Mumsnet has not checked the qualifications of anyone posting here. If you need help urgently or expert advice, please see our domestic violence webguide and/or relationships webguide. Many Mumsnetters experiencing domestic abuse have found this thread helpful: Listen up, everybody

Husband does nothing around the house

104 replies

Iambeyondfedup · 14/01/2024 06:47

I am a SAHM, been married for 20+ years with older kids (16 and 13). My husband works from home and has done so since January 2020.

I am very grateful that he works and provides for us, but he does next to nothing to contribute to home life. He washes his own clothes and will put his dishes in the dishwasher if it has space. Nothing else. And he wonders why our marriage isn’t in a good place. I cannot think of any other task he does.

I was recently out of commission for a couple of weeks and he had to take on the cooking, dishes, shopping and driving the kids. He did do those things, although I would consider at the bare minimum level. (For example okay he washed the dishes but didn’t clean the counter tops; or bought groceries but didn’t do a quick fridge clean out of anything old).

Since then it’s back to doing nothing.

He would probably say I’m a nag and that he doesn’t bother anymore because in the past I’d say he’s doing it wrong. For example. I try to point out that if I ask him to fold towels a certain way so they fit in the cupboard, that’s not nagging. If you don’t fold them in thirds they won’t fit and I’d have to redo it. And why should I have to remind him so many times about what is allowed in recycling and what isn’t. If he acted that way at his job, he wouldn’t be as successful, so why does he get to be incompetent at home?

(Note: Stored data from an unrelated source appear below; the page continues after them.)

-- ===== src/Tunnel/Exact.antt =====
-- What both ends deliver while the stream has its channel.
use echo_proxy_core.Base.{
  ℕ, zero, suc, ◌≤◌, ◌≡◌, refl, sym, ap, ◌∙◌, subst, inl, inr, Bool, Option, some, List, [], ◌∷◌,
  ◌++◌, arith, Bytes, ◌==◌, Bool-cases, length, take, drop, get_elem?, length-append, length-take,
  ok,
}
use mathlib.Core.List.{append_assoc, append-nil}
use echo_proxy_core.Frame.{Frame, hello, open_stream, open_ack, data_frame, close}
use echo_proxy_core.Session.{Delivery}
use echo_proxy_core.Session.Table.{lookup}
use echo_proxy_core.Server.Session
use echo_proxy_core.Server.Session.{MuxSession}
use echo_proxy_core.Client.Conn
use echo_proxy_core.Client.Conn.{MuxConn}
use echo_proxy_core.Tunnel.{stream_id}
use echo_proxy_core.Tunnel.Flow.{
  payloads_to, payloads_of, payloads_of-append, take-get_elem?, take-append_le, brought, Keyed,
  Keys,
}
use echo_proxy_core.Tunnel.ServerEnd
use echo_proxy_core.Tunnel.ClientEnd

drop-all : (k : ℕ) (xs : List Frame) → length xs ≤ k → drop k xs ≡ []
drop-all zero [] h = refl
drop-all zero (x ∷ xs) h = absurd (omega arith)
drop-all (suc k) [] h = refl
drop-all (suc k) (x ∷ xs) h = drop-all k xs (omega arith)

drop-append_le : (k : ℕ) (xs ys : List Frame) → k ≤ length xs → drop k (xs ++ ys) ≡ drop k xs ++ ys
drop-append_le zero xs ys h = refl
drop-append_le (suc k) [] ys h = absurd (omega arith)
drop-append_le (suc k) (x ∷ xs) ys h = drop-append_le k xs ys (omega arith)

-- What was delivered to the stream is `before`, and then the payloads of all the frames for it among
-- those taken from the first `from` on.
pub record Exact (id : ℕ) (before : List Bytes) (from : ℕ) (ds : List (Delivery ℕ))
    (sent : List Frame) (k : ℕ) : Type 0 where
  pub from_le : from ≤ k
  pub taken : k ≤ length sent
  pub exact : payloads_to id ds ≡ before ++ payloads_of id (drop from (take k sent))

pub Exact-start :
    (id : ℕ) (ds : List (Delivery ℕ)) (sent : List Frame) (k : ℕ)
    → k ≤ length sent
    → Exact id (payloads_to id ds) k ds sent k
Exact-start id ds sent k h = record {
  from_le = omega arith;
  taken = h;
  exact = rw (drop-all k (take k sent) (omega (arith, length-take k sent)), append-nil) refl;
}

pub Exact-send :
    (id from : ℕ) (before : List Bytes) (ds : List (Delivery ℕ)) (sent new : List Frame) (k : ℕ)
    → Exact id before from ds sent k
    → Exact id before from ds (sent ++ new) k
Exact-send id from before ds sent new k v = record {
  from_le = v.from_le;
  taken = omega (arith, v.taken, length-append {0} sent new);
  exact = rw (take-append_le sent new k v.taken) v.exact;
}

pub Exact-more :
    (id from : ℕ) (before : List Bytes) (ds ds' : List (Delivery ℕ)) (sent : List Frame) (k : ℕ)
    (f : Frame)
    → get_elem? sent k ≡ some f
    → payloads_to id ds' ≡ payloads_to id ds ++ payloads_of id (f ∷ [])
    → Exact id before from ds sent k
    → Exact id before from ds' sent (suc k)
Exact-more id from before ds ds' sent k f h e v =
    let (t, l) = take-get_elem? sent k f h in
    let le : from ≤ length (take k sent) = omega (arith, v.from_le, v.taken, length-take k sent) in
    record {
      from_le = omega (arith, v.from_le);
      taken = l;
      exact =
          rw
            (
              e,
              t,
              drop-append_le from (take k sent) (f ∷ []) le,
              payloads_of-append id (drop from (take k sent)) (f ∷ []),
              v.exact,
            )
            (append_assoc before (payloads_of id (drop from (take k sent)))
              (payloads_of id (f ∷ [])));
    }

brought-payloads :
    (id j : ℕ) (bytes : Bytes) (o : Option ℕ) (ds : List (Delivery ℕ))
    → Keyed j o
    → (j ≡ id → o ≡ some id)
    → payloads_to id (brought o bytes ds)
      ≡ payloads_to id ds ++ payloads_of id (data_frame j bytes ∷ [])
brought-payloads id j bytes o ds (inr e) h =
    subst
      (λ o.
        payloads_to id (brought o bytes ds)
        ≡ payloads_to id ds ++ payloads_of id (data_frame j bytes ∷ []))
      (sym e) (rw append-nil refl)
brought-payloads id j bytes o ds (inl n) h = elim (Bool-cases (j == id)) [
  | inl e ↦ absurd (let q : o ≡ some id = h (ground arith) in ground (arith, n))
  | inr e ↦ rw (n, e, append-nil) refl
]

pub server-payloads :
    (id : ℕ) (f : Frame) (connected : Bool) (s : MuxSession ℕ)
    → Keys s.registry
    → lookup id s.registry.inner ≡ some id
    → payloads_to id (Session.dispatch (ok f) connected (stream_id f) s).delivered
      ≡ payloads_to id s.delivered ++ payloads_of id (f ∷ [])
unfolding Session.dispatch
server-payloads id (data_frame j bytes) connected s k o =
    rw (ServerEnd.deliver-delivered j bytes s) (
      brought-payloads id j bytes (lookup j s.registry.inner) s.delivered (k j)
        (λ e. ap (λ i. lookup i s.registry.inner) e ∙ o))
server-payloads id (open_stream j dest) connected s k o =
    rw (ServerEnd.handle_open-delivered j dest connected j s, append-nil) refl
server-payloads id (close j) connected s k o = sym (append-nil _)
server-payloads id (hello t) connected s k o = sym (append-nil _)
server-payloads id (open_ack j is_ok) connected s k o = sym (append-nil _)

pub client-payloads :
    (id : ℕ) (f : Frame) (c : MuxConn ℕ ℕ)
    → Keys c.registry
    → lookup id c.registry.inner ≡ some id
    → payloads_to id (Conn.dispatch (ok f) c).delivered
      ≡ payloads_to id c.delivered ++ payloads_of id (f ∷ [])
unfolding Conn.dispatch
client-payloads id (data_frame j bytes) c k o = rw (ClientEnd.deliver-delivered j bytes c) (
    brought-payloads id j bytes (lookup j c.registry.inner) c.delivered (k j)
      (λ e. ap (λ i. lookup i c.registry.inner) e ∙ o))
client-payloads id (open_ack j is_ok) c k o =
    rw (ClientEnd.resolve-delivered j is_ok c, append-nil) refl
client-payloads id (close j) c k o = sym (append-nil _)
client-payloads id (hello t) c k o = sym (append-nil _)
client-payloads id (open_stream j dest) c k o = sym (append-nil _)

I am just fed up. He wants more affection and intimacy in our marriage, I just want someone to lift a finger and contribute to our home life. What do your partners do around the home?

OP posts:
SavBlancTonight · 14/01/2024 08:41

I really really hate to best a woman when she's down and you sound so unhappy, but I have to agree that the issue here is not that he doesn't help around the house. I mean, as a pp has said, I would expect him to do basic things like taking bins out or wiping up a mess he made as he went, sure, but as a SAHM to.teenagers, even with health needs, keeping on top of household chores should not be hugely onerous. My dc are a bit younger and I often think that being a sahm now would not be nice, mostly just because I wouldn't be constantly rushing all the time.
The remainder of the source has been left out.